Meskipun keduanya memiliki potensi dampak yang sama, tapi trauma psikologis membekas lebih
dalam dan berdampak lebih buruk. Penyebabnya bisa bermacam-macam mulai dari kekerasan,
kehilangan atau perpisahan, eksploitasi, dan sebagainya.
Namun, trauma yang kerap berdampak negatif bagi masa depan seseorang adalah trauma yang
disebabkan oleh kejadian yang sangat memukul dalam lingkungan keluarga seperti perceraian,
kematian, atau kekerasan dalam rumah tangga, apalagi jika berlangsung terus menerus dalam waktu
lama.
Bahkan trauma dapat berdampak buruk pada perkembangan otak anak, yang akan meningkatkan
kewaspadaan yang berlebihan, agresif, hiperaktivitas, impulsivitas, dan sulit berkonsentrasi.
Semua itu akan berdampak buruk terhadap pencapaian keterampilan, prestasi akademik, integrasi
sosial, pemecahan masalah dan kesehatan mental umumnya dan akan menjadi penghalang langkah
seorang anak menuju masa depan yang baik.
Secara umum gejala trauma pada anak dapat dikenali dari perubahan tingkah laku, misalnya tiba-
tiba menjadi pendiam, murung, tidak berdaya dan mudah takut. Sementara secara fisik misalnya
sering mengeluh pusing, muntah-muntah, sakit perut dan nafsu makan menurun. Gejala lainnya,
anak tiba-tiba jadi mudah menangis tanpa sebab, tidak bisa tidur atau tidur dengan gelisah, tidak
mau ditinggal sebentar, dan terlalu peka terhadap suara keras.
Karena trauma pada anak tidak mudah dikenali, orang tua perlu menjaga komunikasi yang baik
dengan anak. Hal ini dimaksudkan agar anak tidak merasa enggan atau takut untuk berbagi
pengalaman buruk dengan orang tuanya.
Anak-anak juga harus dijauhkan dari situasi yang terlalu menakutkan baginya. Jika anak mengalami
trauma berat, segera berikan terapi khusus.

Selain terapi, berikut adalah beberapa cara untuk mengatasi trauma pada anak:

Berikan rasa aman dan nyaman


Rasa aman dan nyaman mucul dengan memberikannya pelukan, memberikan kehangatan, dan
yakinkan anak bahwa semua akan baik-baik saja.
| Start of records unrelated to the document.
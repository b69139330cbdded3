-- ===== src/Interface/Regions.antt =====
-- A region more on the list of a thread, and what the loops of `log_persistence_unit`
-- (src/checkpointing.cpp) then visit.
use escort.Prelude.{
  ℕ, zero, suc, ◌+◌, ◌≤◌, ◌<◌, ◌≡◌, ◌⊎◌, refl, ap, subst, sym, inl, inr, Bool, List, [], ◌∷◌, ◌++◌,
  ◌==◌, update, count, length, Bool-cases, ==_iff, arith,
}
use escort.Address.{num_lines, line_addr}
use escort.Addrlist.{Addrlist, Region}
use escort.World.{put}
use escort.Snapshot.Visits.{lines, lines_onto, region_line, visits, InHeap, Registered}
use escort.Durability.Lines.{count-lines, count-lines-append, region_member}

abbrev pub listed_too : ℕ → Bool → Region → (ℕ → Bool → Addrlist) → ℕ → Bool → Addrlist
listed_too i c r list = update list i (put c (list i c ++ r ∷ []) (list i))

InHeap-append :
    (rs : Addrlist) (l n : ℕ) → InHeap rs → l + n ≤ num_lines → InHeap (rs ++ (line_addr l, n) ∷ [])
InHeap-append [] l n h b = (omega arith, omega arith, tt)
InHeap-append (r ∷ rs) l n h b = (h.0, h.1, InHeap-append rs l n h.2 b)

length-lines_onto : (l n : ℕ) (rest : List ℕ) → length (lines_onto l n rest) ≡ n + length rest
length-lines_onto l zero rest = omega arith
length-lines_onto l (suc n) rest = omega (arith, length-lines_onto (suc l) n rest)

-- How many lines a list has.
abbrev size_of : Addrlist → ℕ
size_of [] = 0
size_of ((addr, n) ∷ rs) = n + size_of rs

length-lines : (rs : Addrlist) (rest : List ℕ) → length (lines rs rest) ≡ size_of rs + length rest
length-lines [] rest = omega arith
length-lines ((addr, n) ∷ rs) rest =
    omega (arith, length-lines_onto (region_line (addr, n)) n (lines rs rest), length-lines rs rest)

size_of-append : (rs : Addrlist) (addr n : ℕ) → size_of (rs ++ (addr, n) ∷ []) ≡ size_of rs + n
size_of-append [] addr n = omega arith
size_of-append ((a, m) ∷ rs) addr n = omega (arith, size_of-append rs addr n)

module _ (c : Bool) (list : ℕ → Bool → Addrlist) (i l n : ℕ) where
  abbrev list' : ℕ → Bool → Addrlist
  list' = listed_too i c (line_addr l, n) list

  own : list' i c ≡ list i c ++ (line_addr l, n) ∷ []
  own = ground (arith, Bool-cases c)

  row : (j : ℕ) → (j ≡ i) ⊎ (list' j c ≡ list j c)
  row j = elim (Bool-cases (i == j)) [
    | inl same ↦ inl (sym ((==_iff i j).0 same))
    | inr other ↦ inr (ground arith)
  ]

  grows : (x j : ℕ) → count x (lines (list j c) []) ≤ count x (lines (list' j c) [])
  grows x j = elim (row j) [
    | inr same ↦ omega (arith, ap (λ rs. count x (lines rs [])) same)
    | inl here ↦
        subst (λ k. count x (lines (list k c) []) ≤ count x (lines (list' k c) [])) (sym here)
          (omega (
            arith,
            ap (λ rs. count x (lines rs [])) own,
            count-lines-append x (list i c) (line_addr l, n),
          ))
  ]

  pub visits_keep : (x : ℕ) (is : List ℕ) → count x (visits c is list) ≤ count x (visits c is list')
  visits_keep x [] = omega arith
  visits_keep x (j ∷ is) = omega (
    arith,
    count-lines x (list j c) (visits c is list),
    count-lines x (list' j c) (visits c is list'),
    grows x j,
    visits_keep x is,
  )

  pub visits_gain :
      (x : ℕ) (is : List ℕ) → 0 < count i is → l ≤ x → x < l + n → 0 < count x (visits c is list')
  visits_gain x [] m a b = absurd (omega arith)
  visits_gain x (j ∷ is) m a b = elim (Bool-cases (j == i)) [
    | inl same ↦ omega (
      arith,
      count-lines x (list' j c) (visits c is list'),
      ap (λ k. count x (lines (list' k c) [])) ((==_iff j i).0 same),
      ap (λ rs. count x (lines rs [])) own,
      count-lines-append x (list i c) (line_addr l, n),
      region_member x l n a b,
    )
    | inr other ↦
        omega (
          arith,
          count-lines x (list' j c) (visits c is list'),
          visits_gain x is (ground arith) a b,
        )
  ]

  pub listed_too-Registered :
      (is : List ℕ) → l + n ≤ num_lines → Registered c is list → Registered c is list'
  listed_too-Registered [] b r = tt
  listed_too-Registered (j ∷ is) b r = (
    r.0,
    elim (row j) [
      | inr same ↦ subst InHeap (sym same) (r.1)
      | inl here ↦
          subst (λ k. InHeap (list' k c)) (sym here)
            (subst InHeap (sym own)
              (InHeap-append (list i c) l n (subst (λ k. InHeap (list k c)) here (r.1)) b))
    ],
    listed_too-Registered is b r.2,
  )

  elsewhere_length :
      (is : List ℕ) → count i is ≡ 0 → length (visits c is list') ≡ length (visits c is list)
  elsewhere_length [] h = refl
  elsewhere_length (j ∷ is) h = elim (row j) [
    | inl here ↦ absurd (ground (arith, here, ==_iff j i))
    | inr same ↦ omega (
      arith,
      length-lines (list j c) (visits c is list),
      length-lines (list' j c) (visits c is list'),
      ap size_of same,
      elsewhere_length is (ground arith),
    )
  ]

  pub length-visits :
      (is : List ℕ)
      → Registered c is list
      → length (visits c is list') ≤ length (visits c is list) + n
  length-visits [] r = omega arith
  length-visits (j ∷ is) r = elim (row j) [
    | inr same ↦ omega (
      arith,
      length-lines (list j c) (visits c is list),
      length-lines (list' j c) (visits c is list'),
      ap size_of same,
      length-visits is r.2,
    )
    | inl here ↦ omega (
      arith,
      length-lines (list j c) (visits c is list),
      length-lines (list' j c) (visits c is list'),
      ap (λ k. size_of (list' k c)) here,
      ap (λ k. size_of (list k c)) here,
      ap size_of own,
      size_of-append (list i c) (line_addr l) n,
      elsewhere_length is (subst (λ k. count k is ≡ 0) here (r.0)),
    )
  ]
Terciptanya rasa aman membuat anak tidak
merasa kecemasan yang berlebihan.
Selain itu, jadikan kesempatan itu untuk mengajarkan rasa empati dan menanamkan nilai agama.

Biarkan anak menangis


Pada saat anak kaget atau merasa terancam, reaksi yang pertama ditimbulkan adalah menangis.
Menangis merupakan cara anak untuk menyalurkan emosinya untuk menenangkan gejolak hatinya.

Ajak bicara
Cara paling mudah untuk menghilangkan rasa trauma pada anak adalah dengan mengajaknya
bicara. Minta padanya untuk menceritakan perasaan apa yang sedang ia rasakan.
Dari pembicaraan itu, mulailah belajar untuk memahami apa yang dirasakan anak.

Jangan bohongi anak


Meskipun masih kecil, jangan pernah membohongi dan menutupi kejadian yang sebenarnya pada
anak. Berbohong justru akan membuat anak berharap lebih dan merasa kecewa saat tahu dirinya
dibohongi. Ini sama sekali tidak akan mengobati rasa trauma serta stresnya. Lebih baik jujur
beritahukan kondisi sebenarnya dan biarkan anak memahaminya dengan cara mereka.

Luangkan waktu
Sesibuk apapun kita, sebaiknya kita sedikit meluangkan waktu untuk si kecil. Sempatkan waktu kita
untuk mengajaknya bermain, mengobrol, atau pun menemaninya saat tidur. Hal tersebut akan
memberikan ketenangan pada diri anak. Pada akhirnya, dengan berusaha selalu ada untuknya, anak
tidak akan merasa sendirian dan tidak lebih stres menghadapi trauma pada dirinya.

Jika terapi yang Anda lakukan tidak berhasil, sebaiknya ajak anak menemui psikolog atau orang yang
ahli di bidangnya. Sebab trauma yang berkepanjangan akan memberi dampak buruk bagi
perkembangan psikologi anak bahkan hingga ia beranjak dewasa nanti.